Action item: Retype each of the entries below exactly as written.

Input material section start

-- ===== src/Block/Tagset/Elsewhere.antt =====
-- What a tag call of src/linux_subsystem/block/block.c does to the list, seen from another entry.
use kobox.Prelude.{
  Bool, Bool-cases, Option, Option-cases, arith, get_or, inl, inr, leb, refl, set, ℕ, ◌==◌, ◌≡◌,
  ◌⊎◌,
}
use kobox.Block.Tagset.{
  HwQueue, Tagset, Tagsets, queue_max, tagset_state_for, hw_at, write_hw, alloc_from,
  tagset_alloc_tag, tagset_bind_request, tagset_unbind_request, tagset_request,
}

-- A new node in front of the list.
abbrev pub with_node : Bool → ℕ → Tagsets → Tagsets
with_node got s ts = (tagset_state_for got s ts).1

-- What a call does to another entry.
abbrev pub IsElsewhere : ℕ → ℕ → Bool → Tagsets → Tagsets → Type 0
IsElsewhere s j got ts ts' =
    (ts' ≡ with_node got s ts)
    ⊎ ((f : HwQueue → HwQueue) × (ts' ≡ write_hw s j f (with_node got s ts)))

module _ (got : Bool) (s j : ℕ) (ts : Tagsets) where
  abbrev node : Option Tagset × Tagsets
  node = tagset_state_for got s ts

  pub alloc-IsElsewhere : IsElsewhere s j got ts (tagset_alloc_tag got s j ts).1
  unfolding tagset_alloc_tag
  alloc-IsElsewhere = elim (Option-cases node.0) [
    | inl e ↦ rw (tagset_alloc_tag, e) (inl refl)
    | inr (t, e) ↦ elim (Bool-cases (leb queue_max j)) [
      | inl o ↦ rw (tagset_alloc_tag, e, o) (inl refl)
      | inr o ↦ rw (tagset_alloc_tag, e, o) (inr ((λ q. (alloc_from q).1), refl))
    ]
  ]

  pub request_elsewhere : (t : ℕ) → (tagset_request got s j t ts).1 ≡ node.1
  unfolding tagset_request
  request_elsewhere t = ground arith

  pub bind-IsElsewhere : (t r : ℕ) → IsElsewhere s j got ts (tagset_bind_request got s j t r ts).1
  unfolding tagset_bind_request
  bind-IsElsewhere t r = elim (Option-cases node.0) [
    | inl e ↦ rw (tagset_bind_request, e) (inl refl)
    | inr (x, e) ↦ elim (Bool-cases (leb queue_max j)) [
      | inl o ↦ rw (tagset_bind_request, e, o) (inl refl)
      | inr o ↦ elim (Bool-cases (leb (hw_at x j).nr_tags t)) [
        | inl l ↦ rw (tagset_bind_request, e, o, l) (inl refl)
        | inr l ↦
            rw (tagset_bind_request, e, o, l) (inr ((λ q. record q { rqs = set q.rqs t r }), refl))
      ]
    ]
  ]

  pub unbind-IsElsewhere : (t r : ℕ) → IsElsewhere s j got ts (tagset_unbind_request got s j t r ts)
  unfolding tagset_unbind_request
  unbind-IsElsewhere t r = elim (Option-cases node.0) [
    | inl e ↦ rw (tagset_unbind_request, e) (inl refl)
    | inr (x, e) ↦ elim (Bool-cases (leb queue_max j)) [
      | inl o ↦ rw (tagset_unbind_request, e, o) (inl refl)
      | inr o ↦ elim (Bool-cases (leb (hw_at x j).nr_tags t)) [
        | inl l ↦ rw (tagset_unbind_request, e, o, l) (inl refl)
        | inr l ↦ elim (Bool-cases (get_or (hw_at x j).rqs t 0 == r)) [
          | inl m ↦
              rw (tagset_unbind_request, e, o, l, m)
                (inr ((λ q. record q { rqs = set q.rqs t 0 }), refl))
          | inr m ↦ rw (tagset_unbind_request, e, o, l, m) (inl refl)
        ]
      ]
    ]
  ]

Input material section end

Finished exercise:
-- ===== src/Block/Tagset/Elsewhere.antt =====
-- What a tag call of src/linux_subsystem/block/block.c does to the list, seen from another entry.
use kobox.Prelude.{
  Bool, Bool-cases, Option, Option-cases, arith, get_or, inl, inr, leb, refl, set, ℕ, ◌==◌, ◌≡◌,
  ◌⊎◌,
}
use kobox.Block.Tagset.{
  HwQueue, Tagset, Tagsets, queue_max, tagset_state_for, hw_at, write_hw, alloc_from,
  tagset_alloc_tag, tagset_bind_request, tagset_unbind_request, tagset_request,
}

-- A new node in front of the list.
abbrev pub with_node : Bool → ℕ → Tagsets → Tagsets
with_node got s ts = (tagset_state_for got s ts).1

-- What a call does to another entry.
abbrev pub IsElsewhere : ℕ → ℕ → Bool → Tagsets → Tagsets → Type 0
IsElsewhere s j got ts ts' =
    (ts' ≡ with_node got s ts)
    ⊎ ((f : HwQueue → HwQueue) × (ts' ≡ write_hw s j f (with_node got s ts)))

module _ (got : Bool) (s j : ℕ) (ts : Tagsets) where
  abbrev node : Option Tagset × Tagsets
  node = tagset_state_for got s ts

  pub alloc-IsElsewhere : IsElsewhere s j got ts (tagset_alloc_tag got s j ts).1
  unfolding tagset_alloc_tag
  alloc-IsElsewhere = elim (Option-cases node.0) [
    | inl e ↦ rw (tagset_alloc_tag, e) (inl refl)
    | inr (t, e) ↦ elim (Bool-cases (leb queue_max j)) [
      | inl o ↦ rw (tagset_alloc_tag, e, o) (inl refl)
      | inr o ↦ rw (tagset_alloc_tag, e, o) (inr ((λ q. (alloc_from q).1), refl))
    ]
  ]

  pub request_elsewhere : (t : ℕ) → (tagset_request got s j t ts).1 ≡ node.1
  unfolding tagset_request
  request_elsewhere t = ground arith

  pub bind-IsElsewhere : (t r : ℕ) → IsElsewhere s j got ts (tagset_bind_request got s j t r ts).1
  unfolding tagset_bind_request
  bind-IsElsewhere t r = elim (Option-cases node.0) [
    | inl e ↦ rw (tagset_bind_request, e) (inl refl)
    | inr (x, e) ↦ elim (Bool-cases (leb queue_max j)) [
      | inl o ↦ rw (tagset_bind_request, e, o) (inl refl)
      | inr o ↦ elim (Bool-cases (leb (hw_at x j).nr_tags t)) [
        | inl l ↦ rw (tagset_bind_request, e, o, l) (inl refl)
        | inr l ↦
            rw (tagset_bind_request, e, o, l) (inr ((λ q. record q { rqs = set q.rqs t r }), refl))
      ]
    ]
  ]

  pub unbind-IsElsewhere : (t r : ℕ) → IsElsewhere s j got ts (tagset_unbind_request got s j t r ts)
  unfolding tagset_unbind_request
  unbind-IsElsewhere t r = elim (Option-cases node.0) [
    | inl e ↦ rw (tagset_unbind_request, e) (inl refl)
    | inr (x, e) ↦ elim (Bool-cases (leb queue_max j)) [
      | inl o ↦ rw (tagset_unbind_request, e, o) (inl refl)
      | inr o ↦ elim (Bool-cases (leb (hw_at x j).nr_tags t)) [
        | inl l ↦ rw (tagset_unbind_request, e, o, l) (inl refl)
        | inr l ↦ elim (Bool-cases (get_or (hw_at x j).rqs t 0 == r)) [
          | inl m ↦
              rw (tagset_unbind_request, e, o, l, m)
                (inr ((λ q. record q { rqs = set q.rqs t 0 }), refl))
          | inr m ↦ rw (tagset_unbind_request, e, o, l, m) (inl refl)
        ]
      ]
    ]
  ]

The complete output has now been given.